Requirement: Print the entries once more, unchanged.

━━━ Data to process

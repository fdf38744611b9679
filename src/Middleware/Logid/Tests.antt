-- ===== src/Middleware/Logid/Tests.antt =====
-- The trace id theorems at one request with no id and one reply.
use go_infrastructure.Prelude.{ℕ, ◌≡◌, refl, none, some, [], ◌∷◌, codes, lookup}
use go_infrastructure.Kratos.Sample.{sample}
use go_infrastructure.Middleware.Handler.{Context, Transport, trace_id, returned, Handler}
use go_infrastructure.Middleware.World.{World}
use go_infrastructure.Middleware.Logid.{metadata_key, from_context, server, client}
use go_infrastructure.Middleware.Logid.Propagation.{server_lem, client_lem}

abbrev transport : Transport
transport = record { kind = codes "http"; operation = codes "/op"; get = λ k. [] }

abbrev inbound : Context ℕ
inbound = record { server = some transport; client = none; span = none; peer = none; values = [] }

abbrev outbound : Context ℕ
outbound = record {
  server = none;
  client = some transport;
  span = none;
  peer = none;
  values = trace_id (codes "t7") ∷ [];
}

abbrev fresh : World ℕ
fresh = record {
  reply_header = [];
  request_header = [];
  uuids = λ n. codes "uuid";
  drawn = 0;
  clock = 5;
  requests = [];
  latencies = [];
  panics = [];
  log = [];
  rest = 0;
}

abbrev echo : Handler sample (World ℕ)
echo ctx req w = (returned (some req) none, w)

server_lem_example :
    (inner : Context ℕ) × (w1 : (World ℕ)) × (server sample echo inbound 3 fresh ≡ echo inner 3 w1)
    × (from_context sample inner ≡ codes "uuid")
    × (lookup metadata_key w1.reply_header ≡ some (codes "uuid"))
    × (w1.drawn ≡ 1)
    × (w1.request_header ≡ [])
server_lem_example = server_lem sample echo inbound 3 fresh transport refl

client_lem_run :
    (w1 : (World ℕ)) × (client sample echo outbound 3 fresh ≡ echo outbound 3 w1)
    × (lookup metadata_key w1.request_header ≡ some (from_context sample outbound))
    × (w1.reply_header ≡ [])
    × (w1.drawn ≡ 0)
unfolding from_context
client_lem_run = client_lem sample echo outbound 3 fresh transport refl refl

━━━━━━

Task output:
repository fdf38744611b9679
filename src/Middleware/Logid/Tests.antt
-- ===== src/Middleware/Logid/Tests.antt =====
-- The trace id theorems at one request with no id and one reply.
use go_infrastructure.Prelude.{ℕ, ◌≡◌, refl, none, some, [], ◌∷◌, codes, lookup}
use go_infrastructure.Kratos.Sample.{sample}
use go_infrastructure.Middleware.Handler.{Context, Transport, trace_id, returned, Handler}
use go_infrastructure.Middleware.World.{World}
use go_infrastructure.Middleware.Logid.{metadata_key, from_context, server, client}
use go_infrastructure.Middleware.Logid.Propagation.{server_lem, client_lem}

abbrev transport : Transport
transport = record { kind = codes "http"; operation = codes "/op"; get = λ k. [] }

abbrev inbound : Context ℕ
inbound = record { server = some transport; client = none; span = none; peer = none; values = [] }

abbrev outbound : Context ℕ
outbound = record {
  server = none;
  client = some transport;
  span = none;
  peer = none;
  values = trace_id (codes "t7") ∷ [];
}

abbrev fresh : World ℕ
fresh = record {
  reply_header = [];
  request_header = [];
  uuids = λ n. codes "uuid";
  drawn = 0;
  clock = 5;
  requests = [];
  latencies = [];
  panics = [];
  log = [];
  rest = 0;
}

abbrev echo : Handler sample (World ℕ)
echo ctx req w = (returned (some req) none, w)

server_lem_example :
    (inner : Context ℕ) × (w1 : (World ℕ)) × (server sample echo inbound 3 fresh ≡ echo inner 3 w1)
    × (from_context sample inner ≡ codes "uuid")
    × (lookup metadata_key w1.reply_header ≡ some (codes "uuid"))
    × (w1.drawn ≡ 1)
    × (w1.request_header ≡ [])
server_lem_example = server_lem sample echo inbound 3 fresh transport refl

client_lem_run :
    (w1 : (World ℕ)) × (client sample echo outbound 3 fresh ≡ echo outbound 3 w1)
    × (lookup metadata_key w1.request_header ≡ some (from_context sample outbound))
    × (w1.reply_header ≡ [])
    × (w1.drawn ≡ 0)
unfolding from_context
client_lem_run = client_lem sample echo outbound 3 fresh transport refl refl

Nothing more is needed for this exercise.